Why does changing an array inside a function affect the original array in C?

When you pass an array to a function, the array name decays to a pointer to its first element. The function parameter becomes a pointer to the original array, so any modifications to that memory are visible in the caller.

Should I use const char* for string parameters in C functions?

Yes, if the function only reads from the string and does not modify it, you should use const char*. This documents your intent, helps the compiler catch mistakes, and prevents accidental modification of string literals.

How can I avoid going out of bounds with pointer arithmetic in C?

You must manually ensure that your pointer stays within the valid range of the array. A common pattern is to treat the start address as a and the one-past-last address as a + n, and use loops like for (p = a; p < a + n; p++). Never dereference pointers that are before a or at or beyond a + n.

Pointers with Arrays, Strings & Functions – Real Use Cases | Tamil Technicians

Tamil Technicians – C Programming Course · Pointers with Arrays & Functions

Pointers with Arrays, Strings & Functions – Real Use Cases

Q: When should I use pointers instead of array indexes in C?

Array indexes are fine for many beginner programs. Pointers become more useful when you write generic functions that operate on any part of an array, when working with strings and standard C string functions, or when you need efficient low-level control in embedded or systems programming.

In earlier lessons we saw basic pointers, arrays, strings and functions separately. But in real C programs, these four concepts are almost always used together.

In this lesson, we will connect them and see:

How arrays and pointers are related (array name as pointer).
How to use pointers to walk through arrays efficiently.
How char* strings work and how to use string functions safely.
How to pass arrays and pointers to functions (real “use cases”).
How pointer-based functions can process and modify data in the caller.

Pointers with arrays, strings and functions in C – visual diagram for Tamil Technicians learners — Figure: Pointers pointing to arrays, strings and being passed into functions as parameters.

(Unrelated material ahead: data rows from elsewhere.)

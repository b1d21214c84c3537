-- ===== src/FileInput/Worker/Bounds.antt =====
-- The buffer of plugin/input/file/worker.go does not grow with the length of a line.
use file_d.Base.{
  ℕ, zero, suc, ◌+◌, ◌≤◌, ◌≡◌, ◌≢◌, refl, Bytes, List, [], ◌∷◌, arith, length, length-append,
  length-drop, take, drop, index_byte, Option-cases, inl, inr, All,
}
use file_d.FileInput.Worker.{
  Job, Scan, newline, scan_line, scan_loop, keep_rest, scan_chunk, scan_chunks,
}

module _ (max_event_size : ℕ) (job : Job) (limited : max_event_size ≢ 0) (size : ℕ) where
  scan_line-accum :
      (line : Bytes) (s : Scan) → length (scan_line max_event_size job line s).accum_buf ≡ 0
  unfolding scan_line
  scan_line-accum line s = refl

  keep_rest-bound :
      (s : Scan) (buf : Bytes)
      → length buf ≤ size
      → length s.accum_buf ≤ max_event_size + size
      → length (keep_rest max_event_size job (s, buf)).accum_buf ≤ max_event_size + size
  unfolding keep_rest
  keep_rest-bound s buf small h = ground (arith, length-append s.accum_buf buf)

  scan_loop-bound :
      (fuel : ℕ) (buf : Bytes) (s : Scan)
      → length buf ≤ size
      → length s.accum_buf ≤ max_event_size + size
      → length (keep_rest max_event_size job (scan_loop max_event_size job fuel buf s)).accum_buf
        ≤ max_event_size + size
  unfolding scan_loop
  scan_loop-bound zero buf s small h = keep_rest-bound s buf small h
  scan_loop-bound (suc fuel) buf s small h = elim (Option-cases (index_byte buf newline)) [
    | inl e ↦
        rw (e, scan_loop)
          (keep_rest-bound (record s { scanned = s.scanned + length buf }) buf small h)
    | inr (i, e) ↦
        rw (e, scan_loop)
          (scan_loop-bound fuel (drop (suc i) buf)
            (scan_line max_event_size job (take (suc i) buf) s)
            (omega (arith, length-drop (suc i) buf))
            (omega (arith, scan_line-accum (take (suc i) buf) s)))
  ]

  -- With a limit on the size of an event, the buffer never holds more than the limit and one chunk.
  pub scan_chunks-bound :
      (bufs : List Bytes) (s : Scan)
      → All (λ (buf : Bytes). length buf ≤ size) bufs
      → length s.accum_buf ≤ max_event_size + size
      → length (scan_chunks max_event_size job bufs s).accum_buf ≤ max_event_size + size
  unfolding scan_chunks scan_chunk
  scan_chunks-bound [] s small h = h
  scan_chunks-bound (buf ∷ bufs) s small h =
      scan_chunks-bound bufs (scan_chunk max_event_size job buf s) small.1
        (scan_loop-bound (suc (length buf)) buf s small.0 h)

1. Arrays & Pointers – What “Array Name is a Pointer” Really Means

You may have heard the sentence: “Array name is a pointer to its first element.” That statement is a simplified way of saying:

Key idea

In most expressions, an array name (like a) decays into a pointer to its first element. So a behaves like &a[0].

Simple example

#include <stdio.h>

int main() {
    int a[5] = {10, 20, 30, 40, 50};

    printf("a      = %p\\n", (void*)a);
    printf("&a[0] = %p\\n", (void*)&a[0]);
    printf("a[0]   = %d\\n", a[0]);
    printf("*a     = %d\\n", *a);

    return 0;
}

Typical output (addresses will differ):

a      = 0x7ffccd3000
&a[0] = 0x7ffccd3000
a[0]   = 10
*a     = 10

a and &a[0] show the same address.
*a is the value at that address → a[0].

However, remember this important difference:

a is not a normal variable. You cannot do a = someOtherPointer;.
int *p is a pointer variable. You can assign p = a;, p++;, etc.

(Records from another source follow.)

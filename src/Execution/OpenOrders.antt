-- ===== src/Execution/OpenOrders.antt =====
-- src/execution/coordinator.ts: the classification of a snapshot of open orders, and the plan for owned
-- duplicates.
use multi_venue_grid_engine.Base.{
  Bool, true, false, ◌&&◌, not, Option, none, some, List, [], ◌∷◌, ◌++◌, map, Text, text, text_eq,
  option_eq, text_leb, text_is_empty, is_lt, includes, unique, sort, length, ltb, get_entry,
  set_entry, Outcome, ok, err, ◌>>=◌, if◌then◌else◌, ◌==◌,
}
use multi_venue_grid_engine.Math.DecimalJs.{DecimalJs}
use multi_venue_grid_engine.Math.Decimal.{decimal_cmp}
use multi_venue_grid_engine.Domain.OrderId.{is_engine_client_order_id}
use multi_venue_grid_engine.Domain.Ownership.{
  Ownership, owned, unowned, ambiguous, OrderAuthorityLink, OwnershipEvidence, ObservedIdentity,
  classify_ownership,
}
use multi_venue_grid_engine.Domain.Duplicates.{DuplicateCleanupPlan, plan_owned_duplicate_cleanup}
use multi_venue_grid_engine.Execution.IntentStatus.{is_working}
use multi_venue_grid_engine.Execution.Intents.{
  RegistryError, lift, parse_scope, OrderIntent, IntentRecord,
}
use multi_venue_grid_engine.Execution.RegistryState.{RegistryState, client_id_of}
use multi_venue_grid_engine.Execution.Observations.{ExchangeOrderObservation, order_matches_intent}
use multi_venue_grid_engine.Execution.CoordinatorState.{CoordinatorConfig, list_records, slot_key}

-- `OpenOrderClassification`
pub record OpenOrderClassification : Type 0 where
  pub exchange_order_id : Text
  pub client_order_id : Option Text
  pub ownership : Ownership
  pub intent_id : Option Text

pub record OpenOrderScan : Type 0 where
  pub reason_codes : List Text
  pub orders : List OpenOrderClassification
  pub duplicates : List DuplicateCleanupPlan

-- An entry of a group: the slot's intent and its open orders.
pub record SlotGroup : Type 0 where
  pub first_intent : OrderIntent
  pub exchange_order_ids : List Text

abbrev pub is_present_id : Option Text → Bool
is_present_id none = true
is_present_id (some t) = not (text_is_empty t)

-- The loop of `validSnapshot`, over the exchange order IDs so far.
unfoldable pub are_valid_orders : Text → Text → List Text → List ExchangeOrderObservation → Bool
are_valid_orders venue market seen [] = true
are_valid_orders venue market seen (o ∷ os) =
    o.venue == venue
    && o.market == market
    && not (text_is_empty o.exchange_order_id)
    && not (includes seen o.exchange_order_id)
    && o.status == text "OPEN"
    && is_present_id o.client_order_id
    && are_valid_orders venue market (o.exchange_order_id ∷ seen) os

-- `validSnapshot` of observations that have the fields of their type
unfoldable pub is_valid_snapshot :
    CoordinatorConfig → List ExchangeOrderObservation → Outcome RegistryError Bool
is_valid_snapshot config snapshot = do
  k ← parse_scope config.scope_key
  ok (are_valid_orders k.venue k.market [] snapshot)

-- The link that a record proves, if its order may still be working.
unfoldable pub authority_link : IntentRecord → List OrderAuthorityLink
authority_link r = elim r.exchange_order_id [
  | none ↦ []
  | some order_id ↦ elim r.authority [
    | none ↦ []
    | some a ↦
        if is_working r.status
        then record {
          source = a.source;
          evidence_id = a.evidence_id;
          exchange_order_id = order_id;
          intent_id = r.intent.intent_id;
          client_order_id = client_id_of r.intent;
          scope_key = r.intent.scope_key;
          anchor_epoch = r.intent.anchor_epoch;
        }
          ∷ []
        else []
  ]
]

unfoldable pub authority_links_of : List IntentRecord → List OrderAuthorityLink
authority_links_of [] = []
authority_links_of (r ∷ rs) = authority_link r ++ authority_links_of rs

abbrev pub order_ids_of : List IntentRecord → List Text
order_ids_of [] = []
order_ids_of (r ∷ rs) = elim r.exchange_order_id [
  | none ↦ order_ids_of rs
  | some x ↦ x ∷ order_ids_of rs
]

-- The epochs of the client order IDs, over those so far.
unfoldable pub client_epochs : List (Text × Text) → List IntentRecord → List (Text × Text)
client_epochs m [] = m
client_epochs m (r ∷ rs) =
    client_epochs (set_entry m (client_id_of r.intent) r.intent.anchor_epoch) rs

-- `ownershipEvidence`
unfoldable pub ownership_evidence : CoordinatorConfig → List IntentRecord → Text → OwnershipEvidence
ownership_evidence config records anchor_epoch = record {
  current_scope_key = config.scope_key;
  current_anchor_epoch = anchor_epoch;
  known_client_order_ids = unique (map (λ r. client_id_of r.intent) records);
  known_exchange_order_ids = unique (order_ids_of records);
  client_order_epoch_by_id = get_entry (client_epochs [] records);
  authority_links = some (authority_links_of records);
}

abbrev pub classified : ExchangeOrderObservation → Ownership → Option Text → OpenOrderClassification
classified o ownership intent_id = record {
  exchange_order_id = o.exchange_order_id;
  client_order_id = o.client_order_id;
  ownership = ownership;
  intent_id = intent_id;
}

abbrev pub identity_of : ExchangeOrderObservation → ObservedIdentity
identity_of o = record {
  client_order_id = o.client_order_id;
  exchange_order_id = some o.exchange_order_id;
  scope_key = none;
  anchor_epoch = none;
}

-- An order that no record is linked to, with a client order ID that this engine cannot have made.
abbrev pub is_foreign_order : ExchangeOrderObservation → Option Text → Bool
is_foreign_order o (some id) = false
is_foreign_order o none = elim o.client_order_id [
  | none ↦ false
  | some c ↦ not (is_engine_client_order_id c)
]

abbrev pub slot_group : List (Text × SlotGroup) → OrderIntent → SlotGroup
slot_group m i = elim (get_entry m (slot_key i)) [
  | none ↦ record { first_intent = i; exchange_order_ids = [] }
  | some g ↦ g
]

abbrev pub grow : SlotGroup → Text → SlotGroup
grow g order_id = record g { exchange_order_ids = g.exchange_order_ids ++ (order_id ∷ []) }

abbrev pub owned_record : RegistryState → OpenOrderClassification → Option IntentRecord
owned_record s o = elim o.ownership [
  | owned ↦ elim o.intent_id [ none ↦ none | some id ↦ get_entry s.records id ]
  | unowned ↦ none
  | ambiguous ↦ none
]

-- The loop of `ownedDuplicates`, over the groups so far.
unfoldable pub group_owned :
    RegistryState → List (Text × SlotGroup) → List OpenOrderClassification → List (Text × SlotGroup)
group_owned s m [] = m
group_owned s m (o ∷ os) = elim (owned_record s o) [
  | none ↦ group_owned s m os
  | some r ↦
      group_owned s
        (set_entry m (slot_key r.intent) (grow (slot_group m r.intent) o.exchange_order_id)) os
]

-- The plan of a group with more than one order; it is never refused, as the group is not empty.
unfoldable pub plan_group : SlotGroup → List DuplicateCleanupPlan
plan_group g =
    if ltb 1 (length g.exchange_order_ids)
    then elim (plan_owned_duplicate_cleanup g.exchange_order_ids g.first_intent.logical_level_id) [
      | ok p ↦ p ∷ []
      | err e ↦ []
    ]
    else []

abbrev pub plan_groups : List (Text × SlotGroup) → List DuplicateCleanupPlan
plan_groups [] = []
plan_groups (g ∷ gs) = plan_group g.1 ++ plan_groups gs

-- `ownedDuplicates`
unfoldable pub owned_duplicates :
    RegistryState → List OpenOrderClassification → List DuplicateCleanupPlan
owned_duplicates s orders = plan_groups (sort (λ p q. text_leb p.0 q.0) (group_owned s [] orders))

abbrev pub ownership_blocker : Ownership → List Text
ownership_blocker owned = []
ownership_blocker unowned = text "UNOWNED_OPEN_ORDER" ∷ []
ownership_blocker ambiguous = text "AMBIGUOUS_OPEN_ORDER" ∷ []

abbrev pub ownership_blockers : List OpenOrderClassification → List Text
ownership_blockers [] = []
ownership_blockers (o ∷ os) = ownership_blocker o.ownership ++ ownership_blockers os

-- The blockers of a scan, sorted and each once.
unfoldable pub scan_blockers : List OpenOrderClassification → List DuplicateCleanupPlan → List Text
scan_blockers orders [] = sort text_leb (unique (ownership_blockers orders))
scan_blockers orders (p ∷ ps) =
    sort text_leb (unique (ownership_blockers orders ++ (text "OWNED_DUPLICATE_OPEN_ORDER" ∷ [])))

module _ (J : DecimalJs) where
  -- `observedMatchesRecord`
  unfoldable pub observed_matches_record :
      ExchangeOrderObservation → IntentRecord → Outcome RegistryError Bool
  observed_matches_record o r = do
    k ← parse_scope r.intent.scope_key
    matches ← order_matches_intent J o r.intent k.venue k.market
    (if not (matches && some o.exchange_order_id == r.exchange_order_id) then ok false else do
      c ← lift (decimal_cmp J o.executed_quantity r.executed_quantity)
      ok (not (is_lt c)))

  -- Whether the order of proven authority is still the recorded one.
  unfoldable pub confirm_owned :
      RegistryState → ExchangeOrderObservation → Option Text → Outcome RegistryError Ownership
  confirm_owned s o none = ok ambiguous
  confirm_owned s o (some id) = elim (get_entry s.records id) [
    | none ↦ ok ambiguous
    | some r ↦ observed_matches_record o r >>= λ same. ok (if same then owned else ambiguous)
  ]

  unfoldable pub ownership_from :
      RegistryState
      → ExchangeOrderObservation
      → Option Text
      → Ownership
      → Outcome RegistryError Ownership
  ownership_from s o id owned = confirm_owned s o id
  ownership_from s o id unowned = ok unowned
  ownership_from s o id ambiguous = ok (if is_foreign_order o id then unowned else ambiguous)

  -- `classifyOpenOrder`
  unfoldable pub classify_open_order :
      RegistryState
      → OwnershipEvidence
      → ExchangeOrderObservation
      → Outcome RegistryError OpenOrderClassification
  classify_open_order s evidence o = do
    ownership ←
        ownership_from s o (get_entry s.by_exchange_order_id o.exchange_order_id)
          (classify_ownership (identity_of o) evidence)
    ok (classified o ownership (get_entry s.by_exchange_order_id o.exchange_order_id))

  unfoldable pub classify_all :
      RegistryState
      → OwnershipEvidence
      → List ExchangeOrderObservation
      → Outcome RegistryError (List OpenOrderClassification)
  classify_all s evidence [] = ok []
  classify_all s evidence (o ∷ os) = do
    first ← classify_open_order s evidence o
    rest ← classify_all s evidence os
    ok (first ∷ rest)

  abbrev pub by_order_id : OpenOrderClassification → OpenOrderClassification → Bool
  by_order_id x y = text_leb x.exchange_order_id y.exchange_order_id

  -- `scanExclusive` from a valid snapshot to its result.
  unfoldable pub scan_snapshot :
      CoordinatorConfig
      → RegistryState
      → Text
      → List ExchangeOrderObservation
      → Outcome RegistryError OpenOrderScan
  scan_snapshot config s anchor_epoch snapshot = do
    orders ← classify_all s (ownership_evidence config (list_records s) anchor_epoch) snapshot
    ok (record {
      reason_codes =
          scan_blockers (sort by_order_id orders) (owned_duplicates s (sort by_order_id orders));
      orders = sort by_order_id orders;
      duplicates = owned_duplicates s (sort by_order_id orders);
    })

2. Using Pointers to Iterate Through Arrays

With arrays, you are used to writing:

for (i = 0; i < n; i++) {
    printf("%d\\n", a[i]);
}

The same loop can be written using pointers:

#include <stdio.h>

int main() {
    int a[5] = {10, 20, 30, 40, 50};
    int *p = a;       // points to a[0]
    int i;

    for (i = 0; i < 5; i++) {
        printf("%d\\n", *(p + i));
    }

    return 0;
}

Or even this variant:

#include <stdio.h>

int main() {
    int a[5] = {10, 20, 30, 40, 50};
    int *p = a;
    int *end = a + 5;   // one past the last element

    while (p < end) {
        printf("%d\\n", *p);
        p++;            // move to next element
    }

    return 0;
}

Pointer arithmetic recap

If p is int*, then p + 1 moves by sizeof(int) bytes.
If p is float*, then p + 1 moves by sizeof(float) bytes.

3. Modifying Arrays Using Pointers

Pointers are not just for reading. You can also modify the array elements through a pointer:

#include <stdio.h>

int main() {
    int readings[4] = {100, 105, 110, 120};
    int *p = readings;
    int i;

    // Add calibration offset of +2 to all readings
    for (i = 0; i < 4; i++) {
        *(p + i) = *(p + i) + 2;
    }

    for (i = 0; i < 4; i++) {
        printf("%d ", readings[i]);
    }
    printf("\\n");

    return 0;
}

Here we treat readings like a sensor calibration list. Using pointers, we efficiently adjust each value in place.

4. Strings & char Pointers – Real C Style

In C, a “string” is just an array of char ending with '\0' (null character). The most common way to work with strings is through char pointers.

String as array vs pointer

char name1[] = "Tamil";   // array, stored locally
char *name2 = "Technicians";  // pointer to string literal (read-only)

name1 → array that you can modify: name1[0] = 't';.
name2 → pointer to read-only memory in many compilers; do not modify: name2[0] = 'T'; is undefined behaviour.

Never modify a string literal using a char* pointer (e.g., char *s = "abc"; s[0]='x';). Use a char array if you want to edit the contents.

Walking through a string using char*

#include <stdio.h>

int main() {
    char msg[] = "Hello C";
    char *p = msg;

    while (*p != '\0') {
        printf("%c ", *p);
        p++;
    }
    printf("\\n");
    return 0;
}

This is very similar to walking through an int array, but the stopping point is the null character '\0'.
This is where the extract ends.